▸ About this task:
What is needed here is every record, retyped without any change.

[Data listing]

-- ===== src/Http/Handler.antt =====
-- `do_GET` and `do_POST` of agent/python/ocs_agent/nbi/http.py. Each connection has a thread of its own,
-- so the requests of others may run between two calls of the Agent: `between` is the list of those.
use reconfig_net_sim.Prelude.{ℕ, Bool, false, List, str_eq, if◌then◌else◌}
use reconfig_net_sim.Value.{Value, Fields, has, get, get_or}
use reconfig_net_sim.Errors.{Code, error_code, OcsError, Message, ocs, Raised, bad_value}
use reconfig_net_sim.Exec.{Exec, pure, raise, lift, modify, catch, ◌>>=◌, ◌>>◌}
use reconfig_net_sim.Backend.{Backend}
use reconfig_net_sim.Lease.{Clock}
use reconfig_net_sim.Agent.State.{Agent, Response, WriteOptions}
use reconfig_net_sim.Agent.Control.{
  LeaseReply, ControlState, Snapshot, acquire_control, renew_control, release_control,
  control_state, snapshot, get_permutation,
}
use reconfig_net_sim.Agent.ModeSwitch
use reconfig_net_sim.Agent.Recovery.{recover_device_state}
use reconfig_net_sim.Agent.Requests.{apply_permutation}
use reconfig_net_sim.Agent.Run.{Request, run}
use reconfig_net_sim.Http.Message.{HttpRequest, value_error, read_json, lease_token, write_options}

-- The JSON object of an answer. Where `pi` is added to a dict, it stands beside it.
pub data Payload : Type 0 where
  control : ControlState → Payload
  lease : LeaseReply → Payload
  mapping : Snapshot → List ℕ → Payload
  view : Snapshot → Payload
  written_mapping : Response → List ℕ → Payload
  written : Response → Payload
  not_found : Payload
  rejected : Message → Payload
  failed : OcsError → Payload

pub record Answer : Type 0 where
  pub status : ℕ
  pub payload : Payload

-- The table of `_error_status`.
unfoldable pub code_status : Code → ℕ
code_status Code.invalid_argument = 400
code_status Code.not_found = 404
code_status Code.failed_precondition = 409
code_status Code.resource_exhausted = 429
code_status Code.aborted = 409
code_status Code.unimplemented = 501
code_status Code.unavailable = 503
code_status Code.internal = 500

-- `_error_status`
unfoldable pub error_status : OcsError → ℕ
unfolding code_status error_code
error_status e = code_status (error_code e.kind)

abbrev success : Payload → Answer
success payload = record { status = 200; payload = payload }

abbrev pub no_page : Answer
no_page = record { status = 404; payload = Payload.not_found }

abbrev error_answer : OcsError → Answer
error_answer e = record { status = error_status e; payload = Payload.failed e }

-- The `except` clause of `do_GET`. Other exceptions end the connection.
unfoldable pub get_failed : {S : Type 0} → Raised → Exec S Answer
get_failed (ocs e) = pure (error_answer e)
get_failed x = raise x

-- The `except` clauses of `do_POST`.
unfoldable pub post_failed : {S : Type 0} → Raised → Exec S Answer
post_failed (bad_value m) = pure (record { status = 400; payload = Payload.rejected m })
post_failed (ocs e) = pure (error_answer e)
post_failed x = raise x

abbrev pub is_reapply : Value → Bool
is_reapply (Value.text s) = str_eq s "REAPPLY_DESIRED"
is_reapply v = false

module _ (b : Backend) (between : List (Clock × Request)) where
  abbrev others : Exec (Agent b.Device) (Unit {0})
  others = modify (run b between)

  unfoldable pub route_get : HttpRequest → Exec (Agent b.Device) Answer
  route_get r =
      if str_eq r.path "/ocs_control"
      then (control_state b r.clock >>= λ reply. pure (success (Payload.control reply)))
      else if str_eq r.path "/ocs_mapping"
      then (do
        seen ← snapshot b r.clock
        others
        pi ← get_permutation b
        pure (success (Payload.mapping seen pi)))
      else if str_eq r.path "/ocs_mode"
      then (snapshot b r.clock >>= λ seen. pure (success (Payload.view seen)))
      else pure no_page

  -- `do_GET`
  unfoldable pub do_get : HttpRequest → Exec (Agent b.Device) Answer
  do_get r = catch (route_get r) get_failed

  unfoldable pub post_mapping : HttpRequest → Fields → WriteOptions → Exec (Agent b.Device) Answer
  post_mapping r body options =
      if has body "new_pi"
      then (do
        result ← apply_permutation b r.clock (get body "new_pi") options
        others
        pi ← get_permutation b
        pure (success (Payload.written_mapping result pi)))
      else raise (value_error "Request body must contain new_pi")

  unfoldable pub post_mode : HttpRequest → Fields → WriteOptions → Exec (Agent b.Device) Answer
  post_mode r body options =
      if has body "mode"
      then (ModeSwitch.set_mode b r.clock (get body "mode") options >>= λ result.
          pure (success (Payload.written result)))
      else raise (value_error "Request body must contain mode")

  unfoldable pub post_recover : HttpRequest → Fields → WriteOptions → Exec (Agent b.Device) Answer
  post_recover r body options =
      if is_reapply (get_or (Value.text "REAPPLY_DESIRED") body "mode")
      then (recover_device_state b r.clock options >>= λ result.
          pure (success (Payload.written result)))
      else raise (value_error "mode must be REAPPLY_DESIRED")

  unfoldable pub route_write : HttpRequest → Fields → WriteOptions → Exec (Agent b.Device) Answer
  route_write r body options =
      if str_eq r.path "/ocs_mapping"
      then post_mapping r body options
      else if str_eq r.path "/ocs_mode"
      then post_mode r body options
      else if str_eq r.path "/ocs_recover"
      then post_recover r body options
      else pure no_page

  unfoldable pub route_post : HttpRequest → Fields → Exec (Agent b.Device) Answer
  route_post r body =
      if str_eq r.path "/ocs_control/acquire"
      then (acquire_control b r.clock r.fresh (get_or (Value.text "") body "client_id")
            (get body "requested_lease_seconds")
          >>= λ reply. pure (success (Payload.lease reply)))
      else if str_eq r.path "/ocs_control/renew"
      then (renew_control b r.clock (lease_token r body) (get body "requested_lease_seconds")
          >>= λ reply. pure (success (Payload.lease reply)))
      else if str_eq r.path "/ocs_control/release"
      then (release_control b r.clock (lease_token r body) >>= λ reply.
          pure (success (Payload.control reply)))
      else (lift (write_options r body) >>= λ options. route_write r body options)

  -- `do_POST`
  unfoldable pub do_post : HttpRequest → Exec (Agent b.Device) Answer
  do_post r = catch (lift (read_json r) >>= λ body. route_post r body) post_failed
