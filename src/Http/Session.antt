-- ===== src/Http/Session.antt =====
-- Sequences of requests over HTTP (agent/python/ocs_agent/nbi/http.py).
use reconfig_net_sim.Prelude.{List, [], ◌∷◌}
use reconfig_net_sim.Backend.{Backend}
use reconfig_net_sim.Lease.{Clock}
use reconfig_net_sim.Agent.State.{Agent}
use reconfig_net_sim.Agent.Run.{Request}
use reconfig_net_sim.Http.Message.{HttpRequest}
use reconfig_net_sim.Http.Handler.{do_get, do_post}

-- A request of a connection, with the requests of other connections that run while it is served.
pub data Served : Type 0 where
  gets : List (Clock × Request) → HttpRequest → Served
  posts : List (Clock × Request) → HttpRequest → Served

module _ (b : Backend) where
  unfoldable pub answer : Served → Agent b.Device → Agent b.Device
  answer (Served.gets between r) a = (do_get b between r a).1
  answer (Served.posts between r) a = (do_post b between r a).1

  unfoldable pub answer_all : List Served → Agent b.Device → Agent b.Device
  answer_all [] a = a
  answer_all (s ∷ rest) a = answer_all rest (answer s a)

[/Data listing]

▸ Completed exercise:
-- ===== src/Http/Handler.antt =====
-- `do_GET` and `do_POST` of agent/python/ocs_agent/nbi/http.py. Each connection has a thread of its own,
-- so the requests of others may run between two calls of the Agent: `between` is the list of those.
use reconfig_net_sim.Prelude.{ℕ, Bool, false, List, str_eq, if◌then◌else◌}
use reconfig_net_sim.Value.{Value, Fields, has, get, get_or}
use reconfig_net_sim.Errors.{Code, error_code, OcsError, Message, ocs, Raised, bad_value}
use reconfig_net_sim.Exec.{Exec, pure, raise, lift, modify, catch, ◌>>=◌, ◌>>◌}
use reconfig_net_sim.Backend.{Backend}
use reconfig_net_sim.Lease.{Clock}
use reconfig_net_sim.Agent.State.{Agent, Response, WriteOptions}
use reconfig_net_sim.Agent.Control.{
  LeaseReply, ControlState, Snapshot, acquire_control, renew_control, release_control,
  control_state, snapshot, get_permutation,
}
use reconfig_net_sim.Agent.ModeSwitch
use reconfig_net_sim.Agent.Recovery.{recover_device_state}
use reconfig_net_sim.Agent.Requests.{apply_permutation}
use reconfig_net_sim.Agent.Run.{Request, run}
use reconfig_net_sim.Http.Message.{HttpRequest, value_error, read_json, lease_token, write_options}

-- The JSON object of an answer. Where `pi` is added to a dict, it stands beside it.
pub data Payload : Type 0 where
  control : ControlState → Payload
  lease : LeaseReply → Payload
  mapping : Snapshot → List ℕ → Payload
  view : Snapshot → Payload
  written_mapping : Response → List ℕ → Payload
  written : Response → Payload
  not_found : Payload
  rejected : Message → Payload
  failed : OcsError → Payload

pub record Answer : Type 0 where
  pub status : ℕ
  pub payload : Payload

-- The table of `_error_status`.
unfoldable pub code_status : Code → ℕ
code_status Code.invalid_argument = 400
code_status Code.not_found = 404
code_status Code.failed_precondition = 409
code_status Code.resource_exhausted = 429
code_status Code.aborted = 409
code_status Code.unimplemented = 501
code_status Code.unavailable = 503
code_status Code.internal = 500

-- `_error_status`
unfoldable pub error_status : OcsError → ℕ
unfolding code_status error_code
error_status e = code_status (error_code e.kind)

abbrev success : Payload → Answer
success payload = record { status = 200; payload = payload }

abbrev pub no_page : Answer
no_page = record { status = 404; payload = Payload.not_found }

abbrev error_answer : OcsError → Answer
error_answer e = record { status = error_status e; payload = Payload.failed e }

-- The `except` clause of `do_GET`. Other exceptions end the connection.
unfoldable pub get_failed : {S : Type 0} → Raised → Exec S Answer
get_failed (ocs e) = pure (error_answer e)
get_failed x = raise x

-- The `except` clauses of `do_POST`.
unfoldable pub post_failed : {S : Type 0} → Raised → Exec S Answer
post_failed (bad_value m) = pure (record { status = 400; payload = Payload.rejected m })
post_failed (ocs e) = pure (error_answer e)
post_failed x = raise x

abbrev pub is_reapply : Value → Bool
is_reapply (Value.text s) = str_eq s "REAPPLY_DESIRED"
is_reapply v = false

module _ (b : Backend) (between : List (Clock × Request)) where
  abbrev others : Exec (Agent b.Device) (Unit {0})
  others = modify (run b between)

  unfoldable pub route_get : HttpRequest → Exec (Agent b.Device) Answer
  route_get r =
      if str_eq r.path "/ocs_control"
      then (control_state b r.clock >>= λ reply. pure (success (Payload.control reply)))
      else if str_eq r.path "/ocs_mapping"
      then (do
        seen ← snapshot b r.clock
        others
        pi ← get_permutation b
        pure (success (Payload.mapping seen pi)))
      else if str_eq r.path "/ocs_mode"
      then (snapshot b r.clock >>= λ seen. pure (success (Payload.view seen)))
      else pure no_page

  -- `do_GET`
  unfoldable pub do_get : HttpRequest → Exec (Agent b.Device) Answer
  do_get r = catch (route_get r) get_failed

  unfoldable pub post_mapping : HttpRequest → Fields → WriteOptions → Exec (Agent b.Device) Answer
  post_mapping r body options =
      if has body "new_pi"
      then (do
        result ← apply_permutation b r.clock (get body "new_pi") options
        others
        pi ← get_permutation b
        pure (success (Payload.written_mapping result pi)))
      else raise (value_error "Request body must contain new_pi")

  unfoldable pub post_mode : HttpRequest → Fields → WriteOptions → Exec (Agent b.Device) Answer
  post_mode r body options =
      if has body "mode"
      then (ModeSwitch.set_mode b r.clock (get body "mode") options >>= λ result.
          pure (success (Payload.written result)))
      else raise (value_error "Request body must contain mode")

  unfoldable pub post_recover : HttpRequest → Fields → WriteOptions → Exec (Agent b.Device) Answer
  post_recover r body options =
      if is_reapply (get_or (Value.text "REAPPLY_DESIRED") body "mode")
      then (recover_device_state b r.clock options >>= λ result.
          pure (success (Payload.written result)))
      else raise (value_error "mode must be REAPPLY_DESIRED")

  unfoldable pub route_write : HttpRequest → Fields → WriteOptions → Exec (Agent b.Device) Answer
  route_write r body options =
      if str_eq r.path "/ocs_mapping"
      then post_mapping r body options
      else if str_eq r.path "/ocs_mode"
      then post_mode r body options
      else if str_eq r.path "/ocs_recover"
      then post_recover r body options
      else pure no_page

  unfoldable pub route_post : HttpRequest → Fields → Exec (Agent b.Device) Answer
  route_post r body =
      if str_eq r.path "/ocs_control/acquire"
      then (acquire_control b r.clock r.fresh (get_or (Value.text "") body "client_id")
            (get body "requested_lease_seconds")
          >>= λ reply. pure (success (Payload.lease reply)))
      else if str_eq r.path "/ocs_control/renew"
      then (renew_control b r.clock (lease_token r body) (get body "requested_lease_seconds")
          >>= λ reply. pure (success (Payload.lease reply)))
      else if str_eq r.path "/ocs_control/release"
      then (release_control b r.clock (lease_token r body) >>= λ reply.
          pure (success (Payload.control reply)))
      else (lift (write_options r body) >>= λ options. route_write r body options)

  -- `do_POST`
  unfoldable pub do_post : HttpRequest → Exec (Agent b.Device) Answer
  do_post r = catch (lift (read_json r) >>= λ body. route_post r body) post_failed
filename src/Http/Session.antt
-- ===== src/Http/Session.antt =====
-- Sequences of requests over HTTP (agent/python/ocs_agent/nbi/http.py).
use reconfig_net_sim.Prelude.{List, [], ◌∷◌}
use reconfig_net_sim.Backend.{Backend}
use reconfig_net_sim.Lease.{Clock}
use reconfig_net_sim.Agent.State.{Agent}
use reconfig_net_sim.Agent.Run.{Request}
use reconfig_net_sim.Http.Message.{HttpRequest}
use reconfig_net_sim.Http.Handler.{do_get, do_post}

-- A request of a connection, with the requests of other connections that run while it is served.
pub data Served : Type 0 where
  gets : List (Clock × Request) → HttpRequest → Served
  posts : List (Clock × Request) → HttpRequest → Served

module _ (b : Backend) where
  unfoldable pub answer : Served → Agent b.Device → Agent b.Device
  answer (Served.gets between r) a = (do_get b between r a).1
  answer (Served.posts between r) a = (do_post b between r a).1

  unfoldable pub answer_all : List Served → Agent b.Device → Agent b.Device
  answer_all [] a = a
  answer_all (s ∷ rest) a = answer_all rest (answer s a)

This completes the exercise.